Feline Vaccination Series: Part 1
With the apparent success of the recently completed canine vaccination series, I figure it’s time we turn our attention to cats. I’m going to attack the subject in a similar manner, dividing available vaccines into two categories — essential and situational.
By way of review, I define essential vaccines as those that are required by law and/or prevent especially contagious, widespread, or severe diseases. Situational vaccines are those that benefit only some individuals based on their lifestyle, age, geographic location, travel plans, and underlying health concerns.
The essential vaccines for cats are rabies, feline viral rhinotracheitis (herpes virus), panleukopenia (sometimes called feline distemper), and calicivirus. Every cat should receive these vaccines on a schedule known to provide them with continuous protection or (except in the case of rabies) be monitored via serology (titers) to determine when a booster is needed. Exceptions can be made when a serious health concern (e.g., a previously documented anaphylactic reaction or a current diagnosis of serious disease) makes the risk of vaccination higher than its benefits.

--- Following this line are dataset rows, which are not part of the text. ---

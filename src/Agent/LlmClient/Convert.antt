-- ===== src/Agent/LlmClient/Convert.antt =====
-- The mapping helpers of enclave/agent/llm_client.py: the blocks of a message for Anthropic, and the
-- messages and tools for the OpenAI-compatible interfaces. `dumps` is `json.dumps` of a dict.
pub mod Laws
use agentic_ai_tee.Base.{
  Bool, true, false, not, ◌&&◌, Option, none, some, List, [], ◌∷◌, ◌++◌, if◌then◌else◌, any,
  is_empty, Text, codes, text_eq, Value, Items, nil, cons, Fields, end, field, str, bool, list,
  dict, truthy, get_field, has_field,
}
use agentic_ai_tee.Base.Optional.{◌>>=◌}
use agentic_ai_tee.Agent.Models.{
  ContentBlock, text_block, thinking_block, tool_use_block, tool_result_block, Content, plain,
  blocks, Message, Role, user, assistant,
}

-- `_block_to_dict`
unfoldable pub block_to_dict : ContentBlock → Fields
block_to_dict (text_block t) =
    field (codes "type") (str (codes "text")) (field (codes "text") (str t) end)
block_to_dict (thinking_block t signature) =
    field (codes "type") (str (codes "thinking"))
      (field (codes "thinking") (str t) (field (codes "signature") (str signature) end))
block_to_dict (tool_use_block u) = field (codes "type") (str (codes "tool_use")) (
    field (codes "id") (str u.id)
      (field (codes "name") (str u.name) (field (codes "input") (dict u.input) end)))
block_to_dict (tool_result_block r) = field (codes "type") (str (codes "tool_result")) (
    field (codes "tool_use_id") (str r.tool_use_id) (
      field (codes "content") (str r.content)
        (if r.is_error then field (codes "is_error") (bool true) end else end)))

-- `parameters.pop(key, None)`
unfoldable pub without_field : Fields → Text → Fields
without_field end k = end
without_field (field j v d) k =
    let rest = without_field d k in if text_eq j k then rest else field j v rest

-- `"required" in parameters and not parameters["required"]`
abbrev requires_nothing : Fields → Bool
requires_nothing parameters = elim (get_field parameters (codes "required")) [
  | none ↦ false
  | some v ↦ not (truthy v)
]

unfoldable pub tool_parameters : Fields → Fields
tool_parameters parameters =
    if requires_nothing parameters then without_field parameters (codes "required") else parameters

-- A tool without one of the three keys raises, and so does one whose schema is no dict.
unfoldable pub openai_tool : Option Value → Option Value → Option Value → Option Fields
openai_tool (some (dict parameters)) (some name) (some description) = some (
    field (codes "type") (str (codes "function")) (
      field (codes "function")
        (dict (
          field (codes "name") name (
            field (codes "description") description
              (field (codes "parameters") (dict (tool_parameters parameters)) end))))
        end))
openai_tool _ _ _ = none

unfoldable pub convert_tool : Fields → Option Fields
convert_tool tool =
    openai_tool (get_field tool (codes "input_schema")) (get_field tool (codes "name"))
      (get_field tool (codes "description"))

-- `_convert_tools_to_openai`
unfoldable pub convert_tools_to_openai : List Fields → Option (List Fields)
convert_tools_to_openai [] = some []
convert_tools_to_openai (tool ∷ tools) = do
  converted ← convert_tool tool
  rest ← convert_tools_to_openai tools
  some (converted ∷ rest)

-- A tool call of an assistant's message: its id, the function's name, and its arguments as JSON.
pub record ApiCall : Type 0 where
  pub id : Text
  pub name : Text
  pub arguments : Text

-- A dict of the messages for the interface, by its keys.
pub data ApiMessage : Type 0 where
  -- {"role", "content"}
  text_message : Role → Text → ApiMessage
  -- {"role": "assistant"} with "content", if any, and "tool_calls", if any
  assistant_message : Option Text → List ApiCall → ApiMessage
  -- {"role": "tool", "tool_call_id", "content"}
  tool_message : Text → Text → ApiMessage
  -- {"role": "user", "content": […]} with parts of type "text"
  user_parts : List Text → ApiMessage

-- The dicts themselves.
unfoldable pub call_fields : ApiCall → Fields
call_fields c = field (codes "id") (str c.id) (
    field (codes "type") (str (codes "function")) (
      field (codes "function")
        (dict (field (codes "name") (str c.name) (field (codes "arguments") (str c.arguments) end)))
        end))

unfoldable pub call_items : List ApiCall → Items
call_items [] = nil
call_items (c ∷ cs) = cons (dict (call_fields c)) (call_items cs)

abbrev with_content : Option Text → Fields → Fields
with_content none d = d
with_content (some t) d = field (codes "content") (str t) d

abbrev with_tool_calls : List ApiCall → Fields
with_tool_calls [] = end
with_tool_calls (c ∷ cs) = field (codes "tool_calls") (list (call_items (c ∷ cs))) end

abbrev pub role_name : Role → Text
role_name user = codes "user"
role_name assistant = codes "assistant"

unfoldable pub part_items : List Text → Items
part_items [] = nil
part_items (t ∷ ts) =
    cons (dict (field (codes "type") (str (codes "text")) (field (codes "text") (str t) end)))
      (part_items ts)

unfoldable pub message_fields : ApiMessage → Fields
message_fields (text_message role t) =
    field (codes "role") (str (role_name role)) (field (codes "content") (str t) end)
message_fields (assistant_message content tool_calls) =
    field (codes "role") (str (codes "assistant"))
      (with_content content (with_tool_calls tool_calls))
message_fields (tool_message id content) =
    field (codes "role") (str (codes "tool"))
      (field (codes "tool_call_id") (str id) (field (codes "content") (str content) end))
message_fields (user_parts ts) =
    field (codes "role") (str (codes "user")) (field (codes "content") (list (part_items ts)) end)

-- `text_content`: the texts, one after the other
unfoldable pub joined_text : List ContentBlock → Text
joined_text [] = []
joined_text (text_block t ∷ bs) = t ++ joined_text bs
joined_text (_ ∷ bs) = joined_text bs

module _ (dumps : Fields → Text) where
  unfoldable pub api_calls : List ContentBlock → List ApiCall
  api_calls [] = []
  api_calls (tool_use_block u ∷ bs) =
      record { id = u.id; name = u.name; arguments = dumps u.input } ∷ api_calls bs
  api_calls (_ ∷ bs) = api_calls bs

  -- The content is left out where there are tool calls and no text.
  unfoldable pub assistant_to_api : List ContentBlock → ApiMessage
  assistant_to_api bs =
      let text = joined_text bs in
      let tool_calls = api_calls bs in
      assistant_message (if is_empty text && not (is_empty tool_calls) then none else some text)
        tool_calls

abbrev pub is_tool_result : ContentBlock → Bool
is_tool_result (tool_result_block r) = true
is_tool_result _ = false

-- The user's blocks, where one of them is a tool result.
unfoldable pub results_to_api : List ContentBlock → List ApiMessage
results_to_api [] = []
results_to_api (tool_result_block r ∷ bs) = tool_message r.tool_use_id r.content ∷ results_to_api bs
results_to_api (text_block t ∷ bs) = text_message user t ∷ results_to_api bs
results_to_api (_ ∷ bs) = results_to_api bs

unfoldable pub text_parts : List ContentBlock → List Text
text_parts [] = []
text_parts (text_block t ∷ bs) = t ∷ text_parts bs
text_parts (_ ∷ bs) = text_parts bs

unfoldable pub user_to_api : List ContentBlock → List ApiMessage
user_to_api bs =
    if any is_tool_result bs then results_to_api bs else user_parts (text_parts bs) ∷ []

module _ (dumps : Fields → Text) where
  unfoldable pub message_to_api : Role → Content → List ApiMessage
  message_to_api role (plain t) = text_message role t ∷ []
  message_to_api assistant (blocks bs) = assistant_to_api dumps bs ∷ []
  message_to_api user (blocks bs) = user_to_api bs

  -- `_convert_messages_to_openai`
  unfoldable pub convert_messages_to_openai : List Message → List ApiMessage
  convert_messages_to_openai [] = []
  convert_messages_to_openai (m ∷ ms) =
      message_to_api m.role m.content ++ convert_messages_to_openai ms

Rabies vaccines for cats are required by law in most states (See the AVMA’s listing for an up to date summary of rabies laws). State, local, and municipal statutes must be followed. Most do not recognize rabies titers as being a substitute for vaccination and will provide exemptions under very limited circumstances (e.g., a documented life-threatening reaction to a previous rabies vaccination in combination with a lifestyle that strictly limits exposure to wildlife and poses a negligible risk to public health). Many states only recognize rabies vaccines that are given by a veterinarian or under veterinary supervision.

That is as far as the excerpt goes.